Oh 1Jurisdiva, just got your post, she doesn't hurt me cuz I'm ontop of the clipping but it annoys me because it's paired with the loudest purring. I know that I should be happy that she's kneading me but boy oh boy...it's just annoying really. I gotta suck it up and take it.


----------



## Marian

True story - one night my loud downstairs neighbors had a shouting match at 5am that woke me from a dead sleep even with my loud portable A/C on. I was just about to get really annoyed, get up from my bed and tell them to shut the eff up when my cat climbed onto my pillow above my head, laid his head down on my the side of my head just above my ear and started purring. The vibrations from the purring against my skull actually drowned out the yelling and screaming and I was able to go back to sleep. 

I had a cat who used to climb on top of my shoulder (I sleep on my side) and stick his nose in my ear and purr. And sometimes drool. 

Gotta love 'em.


----------



## 1Jurisdiva

Marian - LOL. That is a good story.

Teffy - I'm glad it isn't painful - we once had a 20lb rescue cat and his kneading was killer!

Fortunately Evil Siamese doesn't knead. She prefers to sit on my shoulder and yell.


----------



## Marian

1Jurisdiva said:


> Teffy - I'm glad it isn't painful - we once had a 20lb rescue cat and his kneading was killer!


That's exactly what mine was too. He never outgrew the need to knead.


----------



## Birdie

I don't think you can really stop them from wanting to... it's a cute, happy behavior, so I wouldn't discourage it. Maybe give them a blanket or soft pillow to knead instead? (you could put it across the room so the purring doesn't bother you lol) 

I personally love it if my cats make happy feet on me.  It's the cutest thing ever to me. I would loooove a cat that wanted to sit with me a lot and make happy feet and purr at me... omg I'd be in heaven. <3


----------



## Teffy

ROFL!!!!

You're all hilarious!!!

"The vibrations from the purring against my skull actually drowned out the yelling and screaming and I was able to go back to sleep.....and stick his nose in my ear and purr. And sometimes drool." 

"Fortunately Evil Siamese doesn't knead. She prefers to sit on my shoulder and yell. "

Birdie, you're right it's so so sweet, I wouldn't discourage it but you gave me an idea, start slipping a little pillow or towel in between and transferring her to my lap at least, somewhere further away from the core senses.

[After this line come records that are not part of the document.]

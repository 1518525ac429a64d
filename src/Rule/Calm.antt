-- ===== src/Rule/Calm.antt =====
-- Rules that do not panic, on a request.
pub mod Responses
use good_mitm.Prelude.{
  ◌≡◌, All, Bool, Bool-cases, Option, Option-cases, none, some, inl, inr, List, [], ◌∷◌,
}
use good_mitm.Text.{Text}
use good_mitm.Env.{Env}
use good_mitm.Io.{Io, Request, Response, pure, tell, unwrap, ◌>>◌}
use good_mitm.Io.Ensures.{Returns, unwrap-eq_done}
use good_mitm.Io.Halting.{Halts, Halts-bind, Halts-unwrap, Returns-Halts}
use good_mitm.Filter.{
  Filter, all_requests, domain, domain_keyword, domain_prefix, domain_suffix, url_regex, get_regex,
  is_match_req,
}
use good_mitm.HttpHandler.{RequestOrResponse}
use good_mitm.LogLines.{log_req, log_res}
use good_mitm.Modify
use good_mitm.Js
use good_mitm.Rule.{
  Rule, Action, reject, redirect, modify_request, modify_response, log_response, log_request, js,
  Step, next, return, ResStep, next_res, return_res, redirect_response, redirect_line, has_dollar,
  redirect_by_filters, redirect_plain, redirect_found, do_redirect, req_action, req_loop, do_req,
  res_action, res_loop, do_res,
}

module _ (E : Env) where
  -- A regular expression is one, and neither searching nor replacing with it fails.
  pub record IsRegex (re : Text) : Type 0 where
    pub compiles : (regex : E.Regex) × (E.regex_new re ≡ some regex)
    pub searches :
        (regex : E.Regex) (t : Text)
        → E.regex_new re ≡ some regex
        → (b : Bool) × (E.regex_is_match regex t ≡ some b)
    pub replaces :
        (regex : E.Regex) (t new : Text)
        → E.regex_new re ≡ some regex
        → (s : Text) × (E.regex_replace regex t new ≡ some s)

  abbrev pub CalmFilter : Filter → Type 0
  CalmFilter (url_regex re) = IsRegex re
  CalmFilter _ = Unit

  -- Changes and scripts do not panic on any message; the other actions never do.
  abbrev pub CalmAction : Action → Type 0
  CalmAction (modify_request md) = (req : Request E) → Returns (Modify.modify_req E md req)
  CalmAction (modify_response md) = (res : Response E) → Returns (Modify.modify_res E md res)
  CalmAction (js code) =
      ((req : Request E) → Returns (Js.modify_req E code req))
      × ((res : Response E) → Returns (Js.modify_res E code res))
  CalmAction _ = Unit

  abbrev pub CalmRule : Rule → Type 0
  CalmRule rule = All CalmFilter rule.filters × All CalmAction rule.actions

  get_regex-Halts : (re : Text) → IsRegex re → Halts (get_regex E re)
  unfolding get_regex
  get_regex-Halts re is = Halts-unwrap E (E.regex_new re) is.compiles

  pub is_match_req-Halts :
      (f : Filter) (req : Request E) → CalmFilter f → Halts (is_match_req E f req)
  unfolding is_match_req get_regex
  is_match_req-Halts all_requests req h = tt
  is_match_req-Halts (domain _) req h = tt
  is_match_req-Halts (domain_keyword _) req h = tt
  is_match_req-Halts (domain_prefix _) req h = tt
  is_match_req-Halts (domain_suffix _) req h = tt
  is_match_req-Halts (url_regex re) req h =
      Halts-bind (get_regex E re) _ (get_regex-Halts re h) (λ regex is.
        Halts-unwrap E (E.regex_is_match regex (E.uri_to_string req.uri))
          (h.searches regex (E.uri_to_string req.uri) (unwrap-eq_done E (E.regex_new re) is)))

  module _ (target url : Text) (req : Request E) where
    redirect_plain-Halts : Halts (redirect_plain E target url req)
    unfolding redirect_plain
    redirect_plain-Halts = elim (Option-cases (E.value_from_str target)) [
      | inl no_value ↦ rw (no_value, redirect_plain) tt
      | inr (v, value) ↦ rw (value, redirect_plain) tt
    ]

    redirect_found-Halts :
        (found : Option (Response E)) → Halts (redirect_found E target url req found)
    unfolding redirect_found
    redirect_found-Halts none = redirect_plain-Halts
    redirect_found-Halts (some res) = tt

    redirect_by_filters-Halts :
        (filters : List Filter)
        → All CalmFilter filters
        → Halts (redirect_by_filters E filters target url req)
    unfolding redirect_by_filters get_regex
    redirect_by_filters-Halts [] h = tt
    redirect_by_filters-Halts (all_requests ∷ more) (_, h) = redirect_by_filters-Halts more h
    redirect_by_filters-Halts (domain _ ∷ more) (_, h) = redirect_by_filters-Halts more h
    redirect_by_filters-Halts (domain_keyword _ ∷ more) (_, h) = redirect_by_filters-Halts more h
    redirect_by_filters-Halts (domain_prefix _ ∷ more) (_, h) = redirect_by_filters-Halts more h
    redirect_by_filters-Halts (domain_suffix _ ∷ more) (_, h) = redirect_by_filters-Halts more h
    redirect_by_filters-Halts (url_regex re ∷ more) (is, h) =
        let rest = redirect_by_filters-Halts more h in
        let uri = E.uri_to_string req.uri in
        Halts-bind (get_regex E re) _ (get_regex-Halts re is) (λ regex made.
          Halts-bind (unwrap (E.regex_replace regex uri target)) _
            (Halts-unwrap E (E.regex_replace regex uri target)
              (is.replaces regex uri target (unwrap-eq_done E (E.regex_new re) made)))
            (λ t _. tried t (redirect_by_filters E more target url req) rest (E.value_from_str t)))
      where
        tried :
            (t : Text) (go_on : Io E (Option (Response E)))
            → Halts go_on
            → (o : Option E.HeaderValue)
            → Halts (elim o as (λ _. Io E (Option (Response E))) [
              | none ↦ go_on
              | some value ↦ do
                tell (redirect_line E url t)
                pure (some (redirect_response E value))
            ])
        tried t go_on h none = h
        tried t go_on h (some v) = tt

    do_redirect-Halts :
        (filters : List Filter)
        → All CalmFilter filters
        → Halts (do_redirect E filters target url req)
    unfolding do_redirect
    do_redirect-Halts filters h = elim (Bool-cases (has_dollar target)) [
      | inl dollar ↦
          rw (dollar, do_redirect)
            (Halts-bind (redirect_by_filters E filters target url req) _
              (redirect_by_filters-Halts filters h) (λ found _. redirect_found-Halts found))
      | inr plain ↦ rw (plain, do_redirect) redirect_plain-Halts
    ]

  req_action-Halts :
      (filters : List Filter) (url : Text) (a : Action) (req : Request E)
      → All CalmFilter filters
      → CalmAction a
      → Halts (req_action E filters url a req)
  unfolding req_action log_req
  req_action-Halts filters url reject req hf h = tt
  req_action-Halts filters url (redirect target) req hf h =
      do_redirect-Halts target url req filters hf
  req_action-Halts filters url (modify_request md) req hf h =
      Halts-bind (Modify.modify_req E md req) _ (Returns-Halts (Modify.modify_req E md req) (h req))
        (λ _ _. tt)
  req_action-Halts filters url (modify_response _) req hf h = tt
  req_action-Halts filters url log_response req hf h = tt
  req_action-Halts filters url log_request req hf h = tt
  req_action-Halts filters url (js code) req hf h =
      Halts-bind (Js.modify_req E code req) _ (Returns-Halts (Js.modify_req E code req) (h.0 req))
        (λ _ _. tt)

  req_loop-Halts :
      (filters : List Filter) (url : Text) (actions : List Action) (req : Request E)
      → All CalmFilter filters
      → All CalmAction actions
      → Halts (req_loop E filters url actions req)
  unfolding req_loop
  req_loop-Halts filters url [] req hf h = tt
  req_loop-Halts filters url (a ∷ more) req hf (ha, h) =
      Halts-bind (req_action E filters url a req) _ (req_action-Halts filters url a req hf ha)
        (λ step _. after (λ r. req_loop-Halts filters url more r hf h) step)
    where
      after :
          ((r : Request E) → Halts (req_loop E filters url more r))
          → (step : Step E)
          → Halts (elim step as (λ _. Io E (RequestOrResponse E)) [
            | next req' ↦ req_loop E filters url more req'
            | return result ↦ pure result
          ])
      after ih (next r) = ih r
      after ih (return r) = tt

  pub do_req-Halts : (rule : Rule) (req : Request E) → CalmRule rule → Halts (do_req E rule req)
  unfolding do_req
  do_req-Halts rule req (hf, h) =
      let url = E.uri_to_string req.uri in
      Halts-bind (req_loop E rule.filters url rule.actions req) _
        (req_loop-Halts rule.filters url rule.actions req hf h) (λ _ _. tt)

There are other things to complain about like...litter bits on your pillow when you wake up. HAHAHA...those strictly dog people here, if they even read this thread are probably gagging now.


----------



## Marian

The litter I can brush off; what I hate is waking up with a cat butt in my face. LOL


----------



## redcricket

I don't think there's much you can do to stop it! I had a huge Maine **** that was a big kneader, and paired with his super loud and vibrating purring, and his incessant drooling, it was almost unbearable to have him on my lap! LOL! I just got an old towel, and he knew when I spread it out on my lap, that was his invitation to come up and snuggle. If he started to knead me without the towel, I would gently but firmly touch his paws and say "No." He would usually stop for a while, but then start up again. I couldn't get too mad, because he was doing it out of happiness and contentment. Miss that cat!


----------